### Task brief
The output should be every line below that includes the word "Errors".

### Data provided

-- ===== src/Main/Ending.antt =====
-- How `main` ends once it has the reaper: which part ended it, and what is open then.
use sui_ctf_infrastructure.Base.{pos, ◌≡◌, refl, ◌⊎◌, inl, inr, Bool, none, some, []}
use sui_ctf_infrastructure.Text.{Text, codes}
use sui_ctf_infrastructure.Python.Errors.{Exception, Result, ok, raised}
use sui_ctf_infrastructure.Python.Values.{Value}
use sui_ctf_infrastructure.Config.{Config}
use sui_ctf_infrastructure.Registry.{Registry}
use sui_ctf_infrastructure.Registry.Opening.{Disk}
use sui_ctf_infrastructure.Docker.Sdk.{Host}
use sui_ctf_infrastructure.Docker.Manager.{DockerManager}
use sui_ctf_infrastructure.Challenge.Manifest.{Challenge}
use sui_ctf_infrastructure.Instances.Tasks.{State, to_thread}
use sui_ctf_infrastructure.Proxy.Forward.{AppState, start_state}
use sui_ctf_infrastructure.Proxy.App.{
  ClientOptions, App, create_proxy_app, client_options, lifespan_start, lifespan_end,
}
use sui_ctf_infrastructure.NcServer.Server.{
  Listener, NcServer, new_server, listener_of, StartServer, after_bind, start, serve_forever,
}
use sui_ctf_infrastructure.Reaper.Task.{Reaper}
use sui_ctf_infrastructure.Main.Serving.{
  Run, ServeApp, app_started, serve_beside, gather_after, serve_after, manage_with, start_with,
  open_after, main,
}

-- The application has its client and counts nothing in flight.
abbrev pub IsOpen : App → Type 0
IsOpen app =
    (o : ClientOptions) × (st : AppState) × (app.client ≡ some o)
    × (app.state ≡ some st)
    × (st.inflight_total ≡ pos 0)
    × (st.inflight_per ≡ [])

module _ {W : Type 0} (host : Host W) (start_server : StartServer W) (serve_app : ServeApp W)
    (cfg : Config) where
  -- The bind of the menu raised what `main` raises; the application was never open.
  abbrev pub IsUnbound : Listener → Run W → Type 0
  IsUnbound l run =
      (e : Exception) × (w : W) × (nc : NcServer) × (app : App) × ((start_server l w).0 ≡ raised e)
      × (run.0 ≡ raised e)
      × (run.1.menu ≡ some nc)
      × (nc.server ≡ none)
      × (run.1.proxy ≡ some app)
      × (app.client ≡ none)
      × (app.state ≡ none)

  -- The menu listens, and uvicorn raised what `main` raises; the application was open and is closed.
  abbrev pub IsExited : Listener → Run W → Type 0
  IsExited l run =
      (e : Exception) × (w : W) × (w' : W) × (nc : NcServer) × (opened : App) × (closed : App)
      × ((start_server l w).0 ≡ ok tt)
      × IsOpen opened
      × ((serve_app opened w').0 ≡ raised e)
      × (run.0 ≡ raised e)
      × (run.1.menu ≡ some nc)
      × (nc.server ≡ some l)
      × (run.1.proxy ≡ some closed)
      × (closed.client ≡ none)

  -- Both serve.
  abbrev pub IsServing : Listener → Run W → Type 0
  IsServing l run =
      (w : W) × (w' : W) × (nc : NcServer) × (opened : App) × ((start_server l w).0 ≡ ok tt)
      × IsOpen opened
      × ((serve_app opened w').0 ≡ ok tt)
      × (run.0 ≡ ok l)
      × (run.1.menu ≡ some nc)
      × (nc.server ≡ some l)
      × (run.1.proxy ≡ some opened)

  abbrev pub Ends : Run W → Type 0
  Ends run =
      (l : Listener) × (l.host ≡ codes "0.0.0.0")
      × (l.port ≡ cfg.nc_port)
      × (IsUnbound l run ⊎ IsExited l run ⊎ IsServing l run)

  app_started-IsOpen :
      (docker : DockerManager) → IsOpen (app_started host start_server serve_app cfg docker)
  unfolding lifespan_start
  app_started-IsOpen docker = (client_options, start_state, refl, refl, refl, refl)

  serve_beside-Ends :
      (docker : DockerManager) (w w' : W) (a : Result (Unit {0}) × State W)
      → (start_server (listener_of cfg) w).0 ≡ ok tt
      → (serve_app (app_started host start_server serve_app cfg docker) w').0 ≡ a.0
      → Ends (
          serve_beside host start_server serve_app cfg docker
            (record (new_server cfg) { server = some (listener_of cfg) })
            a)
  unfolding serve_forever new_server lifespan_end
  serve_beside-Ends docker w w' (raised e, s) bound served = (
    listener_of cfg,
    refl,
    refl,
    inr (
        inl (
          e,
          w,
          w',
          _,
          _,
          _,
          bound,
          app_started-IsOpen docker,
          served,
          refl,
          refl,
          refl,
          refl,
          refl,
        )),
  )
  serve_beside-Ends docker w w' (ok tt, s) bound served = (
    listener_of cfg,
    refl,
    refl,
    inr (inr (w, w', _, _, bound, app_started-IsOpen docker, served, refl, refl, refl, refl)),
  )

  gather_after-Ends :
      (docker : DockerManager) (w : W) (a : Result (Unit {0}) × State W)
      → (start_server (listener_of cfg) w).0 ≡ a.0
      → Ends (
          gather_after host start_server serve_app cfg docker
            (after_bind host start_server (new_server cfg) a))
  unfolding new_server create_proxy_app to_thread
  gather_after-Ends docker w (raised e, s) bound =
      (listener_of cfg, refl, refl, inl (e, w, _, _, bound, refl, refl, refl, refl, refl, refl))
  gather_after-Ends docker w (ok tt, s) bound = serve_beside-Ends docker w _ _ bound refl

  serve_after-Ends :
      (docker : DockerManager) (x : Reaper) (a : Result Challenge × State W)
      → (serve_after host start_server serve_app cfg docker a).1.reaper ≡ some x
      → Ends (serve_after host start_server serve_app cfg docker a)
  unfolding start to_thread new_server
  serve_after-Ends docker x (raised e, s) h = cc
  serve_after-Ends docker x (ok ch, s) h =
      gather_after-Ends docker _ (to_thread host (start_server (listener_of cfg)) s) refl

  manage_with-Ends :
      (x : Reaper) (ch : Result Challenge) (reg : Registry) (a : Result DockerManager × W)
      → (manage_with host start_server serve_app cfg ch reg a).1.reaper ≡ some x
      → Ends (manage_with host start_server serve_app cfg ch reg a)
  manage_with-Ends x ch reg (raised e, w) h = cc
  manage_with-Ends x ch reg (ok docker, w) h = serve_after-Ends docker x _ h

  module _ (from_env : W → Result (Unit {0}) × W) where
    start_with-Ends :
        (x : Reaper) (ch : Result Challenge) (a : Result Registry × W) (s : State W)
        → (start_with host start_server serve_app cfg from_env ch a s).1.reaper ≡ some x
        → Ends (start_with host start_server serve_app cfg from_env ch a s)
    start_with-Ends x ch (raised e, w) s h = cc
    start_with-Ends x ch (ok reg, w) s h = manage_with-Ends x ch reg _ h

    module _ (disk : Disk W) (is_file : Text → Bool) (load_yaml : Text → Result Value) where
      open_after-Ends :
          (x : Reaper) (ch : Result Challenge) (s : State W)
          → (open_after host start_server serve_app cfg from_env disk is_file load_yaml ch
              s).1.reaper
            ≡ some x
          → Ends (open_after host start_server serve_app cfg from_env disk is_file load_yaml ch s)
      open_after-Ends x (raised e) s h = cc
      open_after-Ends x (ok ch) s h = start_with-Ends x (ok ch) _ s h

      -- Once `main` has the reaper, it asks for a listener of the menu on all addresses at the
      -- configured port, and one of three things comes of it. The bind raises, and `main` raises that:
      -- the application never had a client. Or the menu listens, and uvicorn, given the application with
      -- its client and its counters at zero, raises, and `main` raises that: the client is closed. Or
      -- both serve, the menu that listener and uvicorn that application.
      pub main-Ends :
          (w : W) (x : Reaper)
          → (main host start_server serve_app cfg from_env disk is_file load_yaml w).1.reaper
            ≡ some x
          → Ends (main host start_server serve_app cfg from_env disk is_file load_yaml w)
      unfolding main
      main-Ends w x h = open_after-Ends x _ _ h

--

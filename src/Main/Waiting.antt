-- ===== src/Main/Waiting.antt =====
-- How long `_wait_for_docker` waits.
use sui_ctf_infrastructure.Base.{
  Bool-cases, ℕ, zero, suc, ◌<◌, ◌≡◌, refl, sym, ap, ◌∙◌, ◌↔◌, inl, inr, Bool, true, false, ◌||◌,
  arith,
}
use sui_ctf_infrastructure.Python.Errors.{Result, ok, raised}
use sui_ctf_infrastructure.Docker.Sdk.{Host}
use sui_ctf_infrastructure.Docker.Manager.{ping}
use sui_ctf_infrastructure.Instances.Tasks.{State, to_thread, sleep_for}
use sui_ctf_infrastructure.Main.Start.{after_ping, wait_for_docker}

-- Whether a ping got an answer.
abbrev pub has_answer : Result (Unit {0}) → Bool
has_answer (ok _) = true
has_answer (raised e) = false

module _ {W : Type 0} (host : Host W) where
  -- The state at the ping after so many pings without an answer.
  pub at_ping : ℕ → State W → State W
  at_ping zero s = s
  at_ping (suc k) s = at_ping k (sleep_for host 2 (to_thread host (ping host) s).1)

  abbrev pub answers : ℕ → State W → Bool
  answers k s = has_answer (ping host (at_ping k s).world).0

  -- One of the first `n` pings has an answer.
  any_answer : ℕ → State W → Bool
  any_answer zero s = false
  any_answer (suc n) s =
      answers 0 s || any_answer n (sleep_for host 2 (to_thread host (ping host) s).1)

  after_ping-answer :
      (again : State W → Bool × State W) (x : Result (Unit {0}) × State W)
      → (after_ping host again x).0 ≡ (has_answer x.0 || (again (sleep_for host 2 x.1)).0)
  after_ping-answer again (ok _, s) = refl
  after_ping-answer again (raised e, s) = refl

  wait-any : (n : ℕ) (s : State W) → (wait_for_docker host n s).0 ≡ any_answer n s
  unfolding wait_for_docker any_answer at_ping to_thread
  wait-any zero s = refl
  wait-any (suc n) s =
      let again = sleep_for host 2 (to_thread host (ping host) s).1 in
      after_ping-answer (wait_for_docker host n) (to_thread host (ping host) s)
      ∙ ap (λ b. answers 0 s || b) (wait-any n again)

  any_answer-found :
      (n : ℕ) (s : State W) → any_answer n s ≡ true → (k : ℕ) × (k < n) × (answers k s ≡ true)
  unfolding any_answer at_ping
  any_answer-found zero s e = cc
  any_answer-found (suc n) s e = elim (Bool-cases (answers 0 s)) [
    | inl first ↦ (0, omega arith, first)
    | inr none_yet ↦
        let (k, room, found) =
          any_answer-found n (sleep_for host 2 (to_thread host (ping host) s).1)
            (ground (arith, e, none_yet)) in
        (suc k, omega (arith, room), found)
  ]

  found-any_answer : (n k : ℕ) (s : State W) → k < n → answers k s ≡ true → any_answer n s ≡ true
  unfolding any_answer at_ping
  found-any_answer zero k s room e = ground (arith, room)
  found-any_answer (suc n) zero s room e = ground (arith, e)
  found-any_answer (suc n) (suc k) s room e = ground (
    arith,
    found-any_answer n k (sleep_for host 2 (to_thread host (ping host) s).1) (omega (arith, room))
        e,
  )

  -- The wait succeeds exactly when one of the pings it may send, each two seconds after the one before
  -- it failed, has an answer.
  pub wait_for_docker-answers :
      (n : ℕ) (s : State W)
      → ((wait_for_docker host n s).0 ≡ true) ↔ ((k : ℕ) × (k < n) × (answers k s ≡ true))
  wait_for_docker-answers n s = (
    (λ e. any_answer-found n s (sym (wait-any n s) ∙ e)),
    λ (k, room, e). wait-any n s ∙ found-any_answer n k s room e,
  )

### Completed task
use sui_ctf_infrastructure.Python.Errors.{Exception, Result, ok, raised}
use sui_ctf_infrastructure.Python.Errors.{Result, ok, raised}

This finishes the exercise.